All lines up to and including the one that contains "pub transaction : StagedTransaction" are to be transcribed exactly, starting from the first line of the records.

● ● ●

-- ===== src/Application/Idempotence/Staging.antt =====
-- The calls of the acceptance of a publication, on the transaction that they write.
pub mod Calls
use quantalithos_bus.Base.{
  ℕ, ◌+◌, ◌%◌, ◌≡◌, refl, ap, sym, subst, ◌∙◌, Bool, true, false, Option, none, some, [], ◌∷◌, ◌++◌,
  Result, ok, err, if◌then◌else◌,
}
use quantalithos_bus.Base.Maps.{
  Map, get, insert, insert_all, remove, get-insert, text_key, id_key, pair_key,
}
use quantalithos_bus.Contracts.Core.{Core}
use quantalithos_bus.Contracts.Metadata.{PublicationId}
use quantalithos_bus.Contracts.Projections.{u64_mod}
use quantalithos_bus.Application.Ports.{
  UnitOfWorkPurpose, UnitOfWorkHandle, RepositoryError, UnitOfWorkError,
}
use quantalithos_bus.Application.Errors.From.{from_unit_of_work}
use quantalithos_bus.Domain.Audit.{BusAuditEntry}
use quantalithos_bus.Domain.Idempotency.Scope.{IdempotencyScope}
use quantalithos_bus.Domain.Idempotency.Digest.{IdempotencyAnchor}
use quantalithos_bus.Domain.Publication.Acceptance.{PublicationAcceptance}
use quantalithos_bus.Domain.Publication.Material.{PublicationMaterial}
use quantalithos_bus.Infra.Store.{MemoryStore, StagedTransaction, staged_new, anchor_key}
use quantalithos_bus.Infra.Store.Transactions.{
  begin_transaction, commit_transaction, commit_removed, commit_staged,
}
use quantalithos_bus.Infra.Store.Staging.{
  with_staged, with_found, store_staged, stage_publication, stage_publication_material,
  stage_idempotency_anchor, stage_audit_entry,
}
use quantalithos_bus.Infra.System.{on_store, begin, commit, commit_taken}
use quantalithos_bus.Infra.System.Repositories.{
  publication_store_material, publication_insert, idempotency_bind, append_taken, audit_append,
}
use quantalithos_bus.Application.Services.{begin_unit, commit_unit}
use quantalithos_bus.Application.Atomicity.{ok_injective}
use quantalithos_bus.Application.Triples.{Ensures, Ensures-map_err}

module _ ⦃core : Core⦄ where
  open core use {IdempotencyKey}

  abbrev pub Publications : Type 0
  Publications = Map PublicationId PublicationAcceptance

  abbrev pub Anchors : Type 0
  Anchors = Map (IdempotencyScope × IdempotencyKey) IdempotencyAnchor

  -- The transaction of `h` is open, with these publications and anchors.
  pub record Staged (h : UnitOfWorkHandle) (ps : Publications) (bs : Anchors) (s : MemoryStore)
      : Type 0 where
    pub transaction : StagedTransaction
    pub opened : get h.transaction_id s.transactions ≡ some transaction
    pub publications : transaction.publications ≡ ps
    pub anchors : transaction.anchors ≡ bs

  -- They are committed.
  pub record Committed (ps : Publications) (bs : Anchors) (s : MemoryStore) : Type 0 where
    pub old_publications : Publications
    pub old_anchors : Anchors
    pub publications : s.publications ≡ insert_all ps old_publications
    pub anchors : s.anchors ≡ insert_all ⦃key = anchor_key⦄ bs old_anchors

  module _ {A : Type 0} where
    -- What a body does to a transaction.
    pub Turns :
        (StagedTransaction → Result RepositoryError (StagedTransaction × A))
        → Publications
        → Anchors
        → Publications
        → Anchors
        → Type 0
    Turns body ps bs ps' bs' =
        (t t' : StagedTransaction) (a : A)
        → body t ≡ ok (t', a)
        → t.publications ≡ ps
        → t.anchors ≡ bs
        → (t'.publications ≡ ps') × (t'.anchors ≡ bs')

    -- The transaction that a guarded body leaves.
    pub left :
        (b : Bool) (e : RepositoryError) (u t' : StagedTransaction) (v a : A)
        → if◌then◌else◌ {A = Result RepositoryError (StagedTransaction × A)} b (err e) (ok (u, v))
          ≡ ok (t', a)
        → u ≡ t'
    left true e u t' v a h = cc
    left false e u t' v a h = ap (λ r. r.0) (ok_injective {E = RepositoryError} (u, v) (t', a) h)

    stored-Staged :
        (h : UnitOfWorkHandle) (ps' : Publications) (bs' : Anchors) (s : MemoryStore)
        (r : Result RepositoryError (StagedTransaction × A))
        → ((t' : StagedTransaction) (a : A)
            → r ≡ ok (t', a)
            → (t'.publications ≡ ps') × (t'.anchors ≡ bs'))
        → (a : A) → (store_staged s h.transaction_id r).1 ≡ ok a
        → Staged h ps' bs' (store_staged s h.transaction_id r).0
    unfolding store_staged
    stored-Staged h ps' bs' s (err e) k a done = cc
    stored-Staged h ps' bs' s (ok (t', b)) k a done =
        let (p, q) = k t' b refl in
        record {
          transaction = t';
          opened = get-insert h.transaction_id t' s.transactions;
          publications = p;
          anchors = q;
        }

    pub with_staged-Staged :
        (h : UnitOfWorkHandle) (ps ps' : Publications) (bs bs' : Anchors) (s : MemoryStore)
        (body : StagedTransaction → Result RepositoryError (StagedTransaction × A))
        → Turns body ps bs ps' bs'
        → Staged h ps bs s
        → (a : A) → (with_staged s h.transaction_id body).1 ≡ ok a
        → Staged h ps' bs' (with_staged s h.transaction_id body).0
    unfolding Turns with_staged with_found
    with_staged-Staged h ps ps' bs bs' s body turns st = rw st.opened (
        stored-Staged h ps' bs' s (body st.transaction)
          (λ t' a eq. turns st.transaction t' a eq st.publications st.anchors))

    pub guarded-Staged :
        (h : UnitOfWorkHandle) (ps' : Publications) (bs' : Anchors) (s : MemoryStore) (b : Bool)
        (e : RepositoryError) (p : MemoryStore × Result RepositoryError A)
        → ((a : A) → p.1 ≡ ok a → Staged h ps' bs' p.0)
        → (a : A) → (if b then (s, err e) else p).1 ≡ ok a
        → Staged h ps' bs' (if b then (s, err e) else p).0
    guarded-Staged h ps' bs' s true e p k a done = cc
    guarded-Staged h ps' bs' s false e p k a done = k a done
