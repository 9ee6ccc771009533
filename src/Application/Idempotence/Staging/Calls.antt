-- ===== src/Application/Idempotence/Staging/Calls.antt =====
-- The calls of the acceptance of a publication, each on the transaction that it writes.
use quantalithos_bus.Base.{
  ℕ, ◌+◌, ◌%◌, ◌≡◌, refl, ap, sym, subst, ◌∙◌, false, Option, none, some, [], ◌∷◌, ◌++◌, ok,
}
use quantalithos_bus.Base.Maps.{insert, insert_all, remove, get-insert, text_key, id_key, pair_key}
use quantalithos_bus.Contracts.Core.{Core}
use quantalithos_bus.Contracts.Projections.{u64_mod}
use quantalithos_bus.Application.Ports.{
  UnitOfWorkPurpose, UnitOfWorkHandle, RepositoryError, UnitOfWorkError,
}
use quantalithos_bus.Application.Errors.From.{from_unit_of_work}
use quantalithos_bus.Domain.Audit.{BusAuditEntry}
use quantalithos_bus.Domain.Idempotency.Digest.{IdempotencyAnchor}
use quantalithos_bus.Domain.Publication.Acceptance.{PublicationAcceptance}
use quantalithos_bus.Domain.Publication.Material.{PublicationMaterial}
use quantalithos_bus.Infra.Store.{MemoryStore, StagedTransaction, staged_new, anchor_key}
use quantalithos_bus.Infra.Store.Transactions.{
  begin_transaction, commit_transaction, commit_removed, commit_staged,
}
use quantalithos_bus.Infra.Store.Staging.{
  stage_publication, stage_publication_material, stage_idempotency_anchor, stage_audit_entry,
}
use quantalithos_bus.Infra.System.{on_store, begin, commit, commit_taken}
use quantalithos_bus.Infra.System.Repositories.{
  publication_store_material, publication_insert, idempotency_bind, append_taken, audit_append,
}
use quantalithos_bus.Application.Services.{begin_unit, commit_unit}
use quantalithos_bus.Application.Atomicity.{ok_injective}
use quantalithos_bus.Application.Triples.{Ensures, Ensures-map_err}
use quantalithos_bus.Application.Idempotence.Staging.{
  Anchors, Committed, Publications, Staged, Turns, guarded-Staged, left, with_staged-Staged,
}

module _ ⦃core : Core⦄ where
  open core use {ActorContext}

  pub Ensures-begin_unit :
      (P : MemoryStore → Type 0) (purpose : UnitOfWorkPurpose) (actor : ActorContext)
      → Ensures P (begin_unit purpose actor) (λ h. Staged h [] [])
  unfolding begin_unit begin on_store begin_transaction staged_new
  Ensures-begin_unit P purpose actor =
      Ensures-map_err P (λ h. Staged h [] []) from_unit_of_work (begin purpose actor)
        (record {
          at = λ s p a done.
              let id = (s.store.next_transaction_id + 1) % u64_mod in
              let handle : UnitOfWorkHandle = record { transaction_id = id; purpose = purpose } in
              subst (λ b. Staged b [] [] (begin purpose actor s).0.store)
                (ok_injective {E = UnitOfWorkError} handle a done)
                (record {
                  transaction = staged_new purpose;
                  opened = get-insert id (staged_new purpose) s.store.transactions;
                  publications = refl;
                  anchors = refl;
                });
        })

  pub Ensures-store_material :
      (h : UnitOfWorkHandle) (ps : Publications) (bs : Anchors) (m : PublicationMaterial)
      → Ensures (Staged h ps bs) (publication_store_material m h) (λ a. Staged h ps bs)
  unfolding publication_store_material on_store stage_publication_material Turns
  Ensures-store_material h ps bs m = record {
    at = λ s st. guarded-Staged h ps bs s.store _ RepositoryError.unique_violation _ (
        with_staged-Staged h ps ps bs bs s.store _
          (λ t t' a eq p q.
            let e = left _ RepositoryError.unique_violation _ t' tt a eq in
            (
              sym (ap StagedTransaction.publications e) ∙ p,
              sym (ap StagedTransaction.anchors e) ∙ q,
            ))
          st);
  }

  pub Ensures-insert :
      (h : UnitOfWorkHandle) (ps : Publications) (bs : Anchors) (p : PublicationAcceptance)
      → Ensures
          (Staged h ps bs)
          (publication_insert p h)
          (λ a. Staged h (insert p.publication_id p ps) bs)
  unfolding publication_insert on_store stage_publication Turns
  Ensures-insert h ps bs p = record {
    at = λ s st.
        guarded-Staged h (insert p.publication_id p ps) bs s.store _
          RepositoryError.unique_violation _
          (with_staged-Staged h ps (insert p.publication_id p ps) bs bs s.store _
            (λ t t' a eq x y.
              let e = left _ RepositoryError.unique_violation _ t' _ a eq in
              (
                sym (ap StagedTransaction.publications e) ∙ ap (insert p.publication_id p) x,
                sym (ap StagedTransaction.anchors e) ∙ y,
              ))
            st);
  }

  pub Ensures-bind_anchor :
      (h : UnitOfWorkHandle) (ps : Publications) (bs : Anchors) (b : IdempotencyAnchor)
      → Ensures
          (Staged h ps bs)
          (idempotency_bind b h)
          (λ a. Staged h ps (insert ⦃key = anchor_key⦄ (b.scope, b.key) b bs))
  unfolding idempotency_bind on_store stage_idempotency_anchor Turns
  Ensures-bind_anchor h ps bs b =
      let bs' = insert ⦃key = anchor_key⦄ (b.scope, b.key) b bs in
      record {
        at = λ s st. guarded-Staged h ps bs' s.store _ RepositoryError.unique_violation _ (
            with_staged-Staged h ps ps bs bs' s.store _
              (λ t t' a eq x y.
                let e = left _ RepositoryError.unique_violation _ t' tt a eq in
                (
                  sym (ap StagedTransaction.publications e) ∙ x,
                  sym (ap StagedTransaction.anchors e)
                      ∙ ap (insert ⦃key = anchor_key⦄ (b.scope, b.key) b) y,
                ))
              st);
      }

  appended-Staged :
      (h : UnitOfWorkHandle) (ps : Publications) (bs : Anchors) (entry : BusAuditEntry)
      (o : Option RepositoryError)
      → Ensures (Staged h ps bs) (append_taken entry h o) (λ a. Staged h ps bs)
  unfolding append_taken on_store stage_audit_entry Turns
  appended-Staged h ps bs entry (some e) = record { at = λ s st a done. cc }
  appended-Staged h ps bs entry none = record {
    at = λ s st.
        let n = (s.store.next_audit_sequence + 1) % u64_mod in
        with_staged-Staged {A = ℕ} h ps ps bs bs s.store
          (λ t. ok (record t { audits = t.audits ++ entry ∷ [] }, n))
          (λ t t' a eq x y.
            let u : StagedTransaction = record t { audits = t.audits ++ entry ∷ [] } in
            let e : u ≡ t' = left false RepositoryError.unavailable u t' n a eq in
            (
              sym (ap StagedTransaction.publications e) ∙ x,
              sym (ap StagedTransaction.anchors e) ∙ y,
            ))
          st;
  }

  pub Ensures-audit_append :
      (h : UnitOfWorkHandle) (ps : Publications) (bs : Anchors) (entry : BusAuditEntry)
      → Ensures (Staged h ps bs) (audit_append entry h) (λ a. Staged h ps bs)
  unfolding audit_append
  Ensures-audit_append h ps bs entry = record {
    at = λ s. (appended-Staged h ps bs entry s.fail_next_append).at s;
  }

  removed-Committed :
      (h : UnitOfWorkHandle) (ps : Publications) (bs : Anchors) (s : MemoryStore)
      (t : StagedTransaction)
      → t.publications ≡ ps
      → t.anchors ≡ bs
      → Committed ps bs (commit_removed s h (some t)).0
  unfolding commit_removed commit_staged
  removed-Committed h ps bs s t x y = record {
    old_publications = s.publications;
    old_anchors = s.anchors;
    publications = ap (λ p. insert_all p s.publications) x;
    anchors = ap (λ b. insert_all ⦃key = anchor_key⦄ b s.anchors) y;
  }

  commit_taken-Committed :
      (h : UnitOfWorkHandle) (ps : Publications) (bs : Anchors) (o : Option UnitOfWorkError)
      → Ensures (Staged h ps bs) (commit_taken h o) (λ a. Committed ps bs)
  unfolding commit_taken on_store commit_transaction
  commit_taken-Committed h ps bs (some e) = record { at = λ s st a done. cc }
  commit_taken-Committed h ps bs none = record {
    at = λ s st a done.
        let rest = record s.store { transactions = remove h.transaction_id s.store.transactions } in
        subst (λ o. Committed ps bs (commit_removed rest h o).0) (sym st.opened)
          (removed-Committed h ps bs rest st.transaction st.publications st.anchors);
  }

  pub Ensures-commit_unit :
      (h : UnitOfWorkHandle) (ps : Publications) (bs : Anchors)
      → Ensures (Staged h ps bs) (commit_unit h) (λ a. Committed ps bs)
  unfolding commit_unit commit
  Ensures-commit_unit h ps bs =
      Ensures-map_err (Staged h ps bs) (λ a. Committed ps bs) from_unit_of_work (commit h)
        (record { at = λ s. (commit_taken-Committed h ps bs s.fail_next_commit).at s })
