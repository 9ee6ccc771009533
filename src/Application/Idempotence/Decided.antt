-- ===== src/Application/Idempotence/Decided.antt =====
-- crates/application/src/services/publication.rs: what `commit_publication_decision` leaves when it accepts.
use quantalithos_bus.Base.{◌≡◌, refl, ap, ◌∙◌, none, [], arith, ok}
use quantalithos_bus.Base.Actions.{map_err, ◌>>=◌}
use quantalithos_bus.Base.Text.{Text}
use quantalithos_bus.Base.Text.Laws.{text_eq_refl}
use quantalithos_bus.Base.Maps.{get, insert, insert_all, get-insert, text_key, id_key, pair_key}
use quantalithos_bus.Contracts.Core.{Core}
use quantalithos_bus.Contracts.Status.{PublicationAcceptanceStatus}
use quantalithos_bus.Contracts.Metadata.{AuditRef}
use quantalithos_bus.Domain.Idempotency.Scope.{IdempotencyScope}
use quantalithos_bus.Domain.Idempotency.Digest.{RequestDigest, RecordRef, bind, matches, digest_eq}
use quantalithos_bus.Domain.Publication.Acceptance.{PublicationAcceptance, accept}
use quantalithos_bus.Domain.Publication.Material.{PublicationMaterial}
use quantalithos_bus.Application.Ports.{UnitOfWorkPurpose, UnitOfWorkHandle, BusRecordKind}
use quantalithos_bus.Application.Errors.From.{from_domain, from_repository}
use quantalithos_bus.Infra.Store.{anchor_key}
use quantalithos_bus.Infra.System.Repositories.{
  publication_store_material, publication_insert, idempotency_bind, audit_append,
}
use quantalithos_bus.Domain.Audit.{BusAuditEntry, SubjectRef}
use quantalithos_bus.Application.Services.{
  begin_unit, commit_unit, clock_now, or_rollback, new_record_id,
}
use quantalithos_bus.Application.Services.Publication.{
  decide, decision_result, decision_action, commit_publication_decision,
}
use quantalithos_bus.Application.Idempotence.Accepted.{Accepted, Ensures-accepted_result}
use quantalithos_bus.Application.Triples.{
  Ensures, Ensures-bind, Ensures-next, Ensures-bind_lift, Ensures-or_rollback, Ensures-clock_now,
  Ensures-new_record_id,
}
use quantalithos_bus.Application.Idempotence.Staging.{Staged, Committed}
use quantalithos_bus.Application.Idempotence.Staging.Calls.{
  Ensures-begin_unit, Ensures-store_material, Ensures-insert, Ensures-bind_anchor,
  Ensures-audit_append, Ensures-commit_unit,
}

module _ ⦃core : Core⦄ where
  open core use {ActorContext, Timestamp, TraceId, IdempotencyKey}

  decide-accepted :
      (p : PublicationAcceptance) (actor : ActorContext) (now : Timestamp) (ref : AuditRef)
      (u : Unit {0})
      → map_err from_domain (decide none p actor now ref).1 ≡ ok u
      → (decide none p actor now ref).0.status ≡ PublicationAcceptanceStatus.accepted
  unfolding decide accept
  decide-accepted p actor now ref u h = ground arith

  -- The decision, once it has succeeded.
  Ensures-decided :
      (p : PublicationAcceptance) (actor : ActorContext) (now : Timestamp) (ref : AuditRef)
      (u : Unit {0}) (anchor_id : Text) (scope : IdempotencyScope) (key : IdempotencyKey)
      (digest : RequestDigest) (trace_ref : TraceId)
      → map_err from_domain (decide none p actor now ref).1 ≡ ok u
      → let d = (decide none p actor now ref).0 in
        let b =
          bind anchor_id scope key digest (RecordRef.publication d.publication_id) now trace_ref in
        Ensures
          (Committed
            (insert d.publication_id d [])
            (insert ⦃key = anchor_key⦄ (b.scope, b.key) b []))
          (decision_result none d)
          (Accepted scope key digest)
  unfolding decision_result bind insert_all insert matches digest_eq
  Ensures-decided p actor now ref u anchor_id scope key digest trace_ref h =
      let d = (decide none p actor now ref).0 in
      let b =
        bind anchor_id scope key digest (RecordRef.publication d.publication_id) now trace_ref in
      Ensures-accepted_result _ scope key digest d
        (λ s c. record {
          anchor = b;
          id = d.publication_id;
          found =
              ap (get ⦃key = anchor_key⦄ (b.scope, b.key)) c.anchors
              ∙ get-insert ⦃key = anchor_key⦄ (b.scope, b.key) b c.old_anchors;
          digested = text_eq_refl digest.value;
          bound = refl;
          stored =
              ap (get d.publication_id) c.publications
              ∙ get-insert d.publication_id d c.old_publications;
        })
        (decide-accepted p actor now ref u h)

  -- The calls that stage the decision and commit it.
  Ensures-staging :
      (purpose : UnitOfWorkPurpose) (h : UnitOfWorkHandle) (m : PublicationMaterial)
      (p : PublicationAcceptance) (actor : ActorContext) (now : Timestamp) (ref : AuditRef)
      (u : Unit {0}) (anchor_id : Text) (scope : IdempotencyScope) (key : IdempotencyKey)
      (digest : RequestDigest) (trace_ref : TraceId)
      → map_err from_domain (decide none p actor now ref).1 ≡ ok u
      → Ensures
          (Staged h [] [])
          (do
            let d = (decide none p actor now ref).0
            let entry : BusAuditEntry = record {
              audit_ref = ref;
              subject_ref = SubjectRef.publication d.publication_id;
              action = decision_action none;
              actor = actor;
              occurred_at = now;
              trace_ref = trace_ref;
            }
            let b =
                bind anchor_id scope key digest
                  (RecordRef.publication d.publication_id)
                  now
                  trace_ref
            _ ← or_rollback h from_repository (publication_store_material m h)
            _ ← or_rollback h from_repository (publication_insert d h)
            _ ← or_rollback h from_repository (audit_append entry h)
            _ ← or_rollback h from_repository (idempotency_bind b h)
            _ ← commit_unit h
            decision_result none d)
          (Accepted scope key digest)
  unfolding bind
  Ensures-staging purpose h m p actor now ref u anchor_id scope key digest trace_ref eq =
      let R = Accepted scope key digest in
      let d = (decide none p actor now ref).0 in
      let ps = insert d.publication_id d [] in
      let b =
        bind anchor_id scope key digest (RecordRef.publication d.publication_id) now trace_ref in
      let bs = insert ⦃key = anchor_key⦄ (b.scope, b.key) b [] in
      Ensures-next (Staged h [] []) R _ _
        (Ensures-or_rollback (Staged h [] []) (λ a. Staged h [] []) h from_repository _
          (Ensures-store_material h [] [] m))
        (λ a.
          Ensures-bind (Staged h [] []) (λ a. Staged h ps []) R _ _
            (Ensures-or_rollback (Staged h [] []) (λ a. Staged h ps []) h from_repository _
              (Ensures-insert h [] [] d))
            (λ version.
              Ensures-next (Staged h ps []) R _ _
                (Ensures-or_rollback (Staged h ps []) (λ a. Staged h ps []) h from_repository _
                  (Ensures-audit_append h ps [] _))
                (λ sequence.
                  Ensures-bind (Staged h ps []) (λ a. Staged h ps bs) R _ _
                    (Ensures-or_rollback (Staged h ps []) (λ a. Staged h ps bs) h from_repository _
                      (Ensures-bind_anchor h ps [] b))
                    (λ bound.
                      Ensures-bind (Staged h ps bs) (λ a. Committed ps bs) R (commit_unit h) _
                        (Ensures-commit_unit h ps bs)
                        (λ receipt.
                          Ensures-decided p actor now ref u anchor_id scope key digest trace_ref
                            eq)))))

  pub Ensures-decision :
      (purpose : UnitOfWorkPurpose) (m : PublicationMaterial) (p : PublicationAcceptance)
      (actor : ActorContext) (trace_ref : TraceId) (digest : RequestDigest)
      (scope : IdempotencyScope) (key : IdempotencyKey)
      → Ensures
          (λ s. Unit {0})
          (commit_publication_decision purpose m p actor trace_ref digest scope key none)
          (Accepted scope key digest)
  unfolding commit_publication_decision bind
  Ensures-decision purpose m p actor trace_ref digest scope key =
      let R = Accepted scope key digest in
      Ensures-bind (λ s. Unit {0}) (λ h. Staged h [] []) R (begin_unit purpose actor) _
        (Ensures-begin_unit (λ s. Unit {0}) purpose actor)
        (λ h.
          let fresh = Staged h [] [] in
          Ensures-next fresh R clock_now _ (Ensures-clock_now fresh) (λ now.
            Ensures-next fresh R (new_record_id BusRecordKind.audit_entry) _
              (Ensures-new_record_id fresh BusRecordKind.audit_entry)
              (λ ref. Ensures-bind_lift fresh R _ _ (λ u eq.
                Ensures-next fresh R (new_record_id BusRecordKind.idempotency_anchor) _
                  (Ensures-new_record_id fresh BusRecordKind.idempotency_anchor)
                  (λ anchor_id.
                    Ensures-staging purpose h m p actor now ref u anchor_id scope key digest
                      trace_ref eq)))))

● ● ●

== The answer ==
-- ===== src/Application/Idempotence/Staging.antt =====
-- The calls of the acceptance of a publication, on the transaction that they write.
pub mod Calls
use quantalithos_bus.Base.{
  ℕ, ◌+◌, ◌%◌, ◌≡◌, refl, ap, sym, subst, ◌∙◌, Bool, true, false, Option, none, some, [], ◌∷◌, ◌++◌,
  Result, ok, err, if◌then◌else◌,
}
use quantalithos_bus.Base.Maps.{
  Map, get, insert, insert_all, remove, get-insert, text_key, id_key, pair_key,
}
use quantalithos_bus.Contracts.Core.{Core}
use quantalithos_bus.Contracts.Metadata.{PublicationId}
use quantalithos_bus.Contracts.Projections.{u64_mod}
use quantalithos_bus.Application.Ports.{
  UnitOfWorkPurpose, UnitOfWorkHandle, RepositoryError, UnitOfWorkError,
}
use quantalithos_bus.Application.Errors.From.{from_unit_of_work}
use quantalithos_bus.Domain.Audit.{BusAuditEntry}
use quantalithos_bus.Domain.Idempotency.Scope.{IdempotencyScope}
use quantalithos_bus.Domain.Idempotency.Digest.{IdempotencyAnchor}
use quantalithos_bus.Domain.Publication.Acceptance.{PublicationAcceptance}
use quantalithos_bus.Domain.Publication.Material.{PublicationMaterial}
use quantalithos_bus.Infra.Store.{MemoryStore, StagedTransaction, staged_new, anchor_key}
use quantalithos_bus.Infra.Store.Transactions.{
  begin_transaction, commit_transaction, commit_removed, commit_staged,
}
use quantalithos_bus.Infra.Store.Staging.{
  with_staged, with_found, store_staged, stage_publication, stage_publication_material,
  stage_idempotency_anchor, stage_audit_entry,
}
use quantalithos_bus.Infra.System.{on_store, begin, commit, commit_taken}
use quantalithos_bus.Infra.System.Repositories.{
  publication_store_material, publication_insert, idempotency_bind, append_taken, audit_append,
}
use quantalithos_bus.Application.Services.{begin_unit, commit_unit}
use quantalithos_bus.Application.Atomicity.{ok_injective}
use quantalithos_bus.Application.Triples.{Ensures, Ensures-map_err}

module _ ⦃core : Core⦄ where
  open core use {IdempotencyKey}

  abbrev pub Publications : Type 0
  Publications = Map PublicationId PublicationAcceptance

  abbrev pub Anchors : Type 0
  Anchors = Map (IdempotencyScope × IdempotencyKey) IdempotencyAnchor

  -- The transaction of `h` is open, with these publications and anchors.
  pub record Staged (h : UnitOfWorkHandle) (ps : Publications) (bs : Anchors) (s : MemoryStore)
      : Type 0 where
    pub transaction : StagedTransaction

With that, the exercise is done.